[Opening RECORD SET section]
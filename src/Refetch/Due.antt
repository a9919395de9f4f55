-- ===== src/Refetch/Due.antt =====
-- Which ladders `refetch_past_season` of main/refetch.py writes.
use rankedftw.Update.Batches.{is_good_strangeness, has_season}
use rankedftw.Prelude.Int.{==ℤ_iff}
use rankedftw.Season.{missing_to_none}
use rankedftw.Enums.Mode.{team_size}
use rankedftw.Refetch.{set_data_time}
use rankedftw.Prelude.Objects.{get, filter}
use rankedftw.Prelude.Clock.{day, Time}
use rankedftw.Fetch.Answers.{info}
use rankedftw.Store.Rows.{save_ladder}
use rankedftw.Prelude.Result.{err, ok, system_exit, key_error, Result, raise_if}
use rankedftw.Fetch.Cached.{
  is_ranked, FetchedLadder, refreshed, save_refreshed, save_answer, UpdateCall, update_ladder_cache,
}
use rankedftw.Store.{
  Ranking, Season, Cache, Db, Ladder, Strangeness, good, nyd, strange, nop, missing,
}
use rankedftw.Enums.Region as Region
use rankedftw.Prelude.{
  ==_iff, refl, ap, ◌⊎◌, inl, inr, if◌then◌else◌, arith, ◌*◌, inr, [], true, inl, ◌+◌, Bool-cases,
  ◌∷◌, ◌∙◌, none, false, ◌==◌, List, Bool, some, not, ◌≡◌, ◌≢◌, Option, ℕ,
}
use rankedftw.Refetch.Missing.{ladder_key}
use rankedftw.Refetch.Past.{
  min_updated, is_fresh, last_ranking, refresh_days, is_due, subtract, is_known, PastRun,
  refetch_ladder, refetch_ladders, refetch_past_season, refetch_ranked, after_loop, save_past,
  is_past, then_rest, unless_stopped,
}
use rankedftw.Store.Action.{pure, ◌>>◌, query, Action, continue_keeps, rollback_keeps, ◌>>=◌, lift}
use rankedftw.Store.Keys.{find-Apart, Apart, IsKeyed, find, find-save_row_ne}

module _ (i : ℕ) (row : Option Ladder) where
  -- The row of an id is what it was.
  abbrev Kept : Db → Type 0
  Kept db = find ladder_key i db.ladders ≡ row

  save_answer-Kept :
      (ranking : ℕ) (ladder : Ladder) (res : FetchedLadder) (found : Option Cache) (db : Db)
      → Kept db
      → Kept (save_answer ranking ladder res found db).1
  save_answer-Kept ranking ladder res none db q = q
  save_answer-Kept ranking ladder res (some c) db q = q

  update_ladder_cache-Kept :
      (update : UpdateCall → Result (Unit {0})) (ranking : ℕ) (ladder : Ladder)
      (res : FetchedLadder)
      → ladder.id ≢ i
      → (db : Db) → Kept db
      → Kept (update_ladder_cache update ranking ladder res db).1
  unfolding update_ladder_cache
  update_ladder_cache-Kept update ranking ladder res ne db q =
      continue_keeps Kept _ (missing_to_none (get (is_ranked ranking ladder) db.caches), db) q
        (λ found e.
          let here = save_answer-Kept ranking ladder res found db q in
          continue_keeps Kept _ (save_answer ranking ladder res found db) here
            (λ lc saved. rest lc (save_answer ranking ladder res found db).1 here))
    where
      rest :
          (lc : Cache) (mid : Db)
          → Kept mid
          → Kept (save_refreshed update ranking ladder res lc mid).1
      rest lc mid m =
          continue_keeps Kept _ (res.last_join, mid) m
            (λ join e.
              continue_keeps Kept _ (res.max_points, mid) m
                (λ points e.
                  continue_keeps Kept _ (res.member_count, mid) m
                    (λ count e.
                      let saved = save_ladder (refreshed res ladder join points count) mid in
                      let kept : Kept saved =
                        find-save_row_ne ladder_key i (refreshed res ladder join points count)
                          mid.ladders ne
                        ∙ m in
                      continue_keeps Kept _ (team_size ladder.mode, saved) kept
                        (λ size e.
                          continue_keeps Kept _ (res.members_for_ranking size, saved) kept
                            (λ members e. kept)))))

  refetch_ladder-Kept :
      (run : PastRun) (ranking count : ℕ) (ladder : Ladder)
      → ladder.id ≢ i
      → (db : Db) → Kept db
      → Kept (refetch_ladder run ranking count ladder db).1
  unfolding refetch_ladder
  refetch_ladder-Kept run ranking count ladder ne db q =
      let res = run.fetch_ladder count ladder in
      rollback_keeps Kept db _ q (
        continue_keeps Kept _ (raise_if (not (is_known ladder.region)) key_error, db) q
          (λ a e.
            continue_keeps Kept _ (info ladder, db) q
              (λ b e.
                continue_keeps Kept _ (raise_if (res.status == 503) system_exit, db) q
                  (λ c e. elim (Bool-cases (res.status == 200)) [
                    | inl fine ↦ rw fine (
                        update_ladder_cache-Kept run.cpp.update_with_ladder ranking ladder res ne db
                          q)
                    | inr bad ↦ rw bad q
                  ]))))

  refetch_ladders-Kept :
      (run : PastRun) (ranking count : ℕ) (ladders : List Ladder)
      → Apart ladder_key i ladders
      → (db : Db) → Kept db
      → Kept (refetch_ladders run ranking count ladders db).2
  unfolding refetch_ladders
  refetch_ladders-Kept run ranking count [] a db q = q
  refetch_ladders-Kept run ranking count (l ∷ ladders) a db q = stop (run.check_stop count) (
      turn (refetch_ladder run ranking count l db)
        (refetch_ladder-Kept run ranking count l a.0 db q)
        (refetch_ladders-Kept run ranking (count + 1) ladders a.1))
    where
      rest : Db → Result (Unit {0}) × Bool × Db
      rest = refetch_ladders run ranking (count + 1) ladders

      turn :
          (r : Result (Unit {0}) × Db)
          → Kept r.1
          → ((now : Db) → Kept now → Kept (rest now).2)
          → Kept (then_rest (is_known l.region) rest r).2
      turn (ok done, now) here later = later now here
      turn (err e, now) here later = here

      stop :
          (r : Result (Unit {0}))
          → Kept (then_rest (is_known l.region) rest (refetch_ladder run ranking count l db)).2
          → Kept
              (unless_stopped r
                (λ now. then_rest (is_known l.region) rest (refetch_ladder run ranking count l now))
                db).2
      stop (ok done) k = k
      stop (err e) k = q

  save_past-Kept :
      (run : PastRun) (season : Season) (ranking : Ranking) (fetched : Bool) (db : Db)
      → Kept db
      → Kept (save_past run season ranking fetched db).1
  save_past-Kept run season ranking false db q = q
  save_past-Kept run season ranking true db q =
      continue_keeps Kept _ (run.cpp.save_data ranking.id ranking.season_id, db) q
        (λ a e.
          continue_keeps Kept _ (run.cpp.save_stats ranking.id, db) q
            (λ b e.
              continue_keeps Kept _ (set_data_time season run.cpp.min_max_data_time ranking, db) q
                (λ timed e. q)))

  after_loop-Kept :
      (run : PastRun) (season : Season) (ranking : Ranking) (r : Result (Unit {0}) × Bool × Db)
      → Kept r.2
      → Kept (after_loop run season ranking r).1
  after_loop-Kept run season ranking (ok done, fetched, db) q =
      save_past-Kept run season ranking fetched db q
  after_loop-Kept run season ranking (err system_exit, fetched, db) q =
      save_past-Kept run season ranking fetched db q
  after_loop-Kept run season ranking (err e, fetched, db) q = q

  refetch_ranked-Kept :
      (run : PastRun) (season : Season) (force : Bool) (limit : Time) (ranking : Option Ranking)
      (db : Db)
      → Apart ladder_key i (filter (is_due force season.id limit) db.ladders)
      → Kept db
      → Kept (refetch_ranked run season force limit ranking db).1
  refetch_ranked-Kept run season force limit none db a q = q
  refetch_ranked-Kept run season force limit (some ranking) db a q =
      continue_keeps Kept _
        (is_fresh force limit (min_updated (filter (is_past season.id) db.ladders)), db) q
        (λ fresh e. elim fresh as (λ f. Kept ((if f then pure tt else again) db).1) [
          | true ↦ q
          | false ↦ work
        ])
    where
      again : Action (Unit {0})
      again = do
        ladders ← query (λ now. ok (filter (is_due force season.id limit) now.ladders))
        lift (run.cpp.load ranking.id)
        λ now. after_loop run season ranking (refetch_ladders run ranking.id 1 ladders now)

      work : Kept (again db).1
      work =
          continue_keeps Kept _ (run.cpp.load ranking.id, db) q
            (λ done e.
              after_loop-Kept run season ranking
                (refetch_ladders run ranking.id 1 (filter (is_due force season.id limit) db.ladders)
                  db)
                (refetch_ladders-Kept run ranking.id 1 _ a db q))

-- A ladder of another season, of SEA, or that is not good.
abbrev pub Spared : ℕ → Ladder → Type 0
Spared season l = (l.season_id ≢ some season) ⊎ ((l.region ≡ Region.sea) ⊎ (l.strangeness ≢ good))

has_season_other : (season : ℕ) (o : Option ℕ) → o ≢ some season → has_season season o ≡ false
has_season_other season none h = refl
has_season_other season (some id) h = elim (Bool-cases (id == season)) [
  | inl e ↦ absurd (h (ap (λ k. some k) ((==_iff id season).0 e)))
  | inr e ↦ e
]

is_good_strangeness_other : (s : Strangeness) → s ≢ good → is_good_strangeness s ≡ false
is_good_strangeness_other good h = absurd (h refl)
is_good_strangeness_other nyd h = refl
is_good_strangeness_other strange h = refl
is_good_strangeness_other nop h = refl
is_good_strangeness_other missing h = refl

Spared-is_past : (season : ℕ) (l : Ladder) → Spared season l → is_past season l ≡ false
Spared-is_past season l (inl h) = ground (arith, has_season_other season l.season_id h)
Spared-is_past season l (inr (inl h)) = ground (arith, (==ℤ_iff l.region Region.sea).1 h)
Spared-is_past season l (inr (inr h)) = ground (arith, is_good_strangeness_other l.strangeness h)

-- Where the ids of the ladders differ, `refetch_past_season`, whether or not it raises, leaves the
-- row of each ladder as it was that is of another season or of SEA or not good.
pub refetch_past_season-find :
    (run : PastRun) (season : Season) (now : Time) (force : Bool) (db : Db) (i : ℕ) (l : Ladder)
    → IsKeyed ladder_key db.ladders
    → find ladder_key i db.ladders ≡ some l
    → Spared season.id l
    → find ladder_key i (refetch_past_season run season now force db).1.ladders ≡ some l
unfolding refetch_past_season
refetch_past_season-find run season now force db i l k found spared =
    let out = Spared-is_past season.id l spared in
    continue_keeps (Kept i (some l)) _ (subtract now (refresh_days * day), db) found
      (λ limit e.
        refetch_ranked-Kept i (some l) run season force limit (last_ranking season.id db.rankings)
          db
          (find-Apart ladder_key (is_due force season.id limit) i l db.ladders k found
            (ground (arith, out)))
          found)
[Closing RECORD SET section]
- WHAT YOU NEED TO DO
For each line of the material that includes the word "abbrev", make a copy.

- YOUR SOLUTION
  abbrev Kept : Db → Type 0
abbrev pub Spared : ℕ → Ladder → Type 0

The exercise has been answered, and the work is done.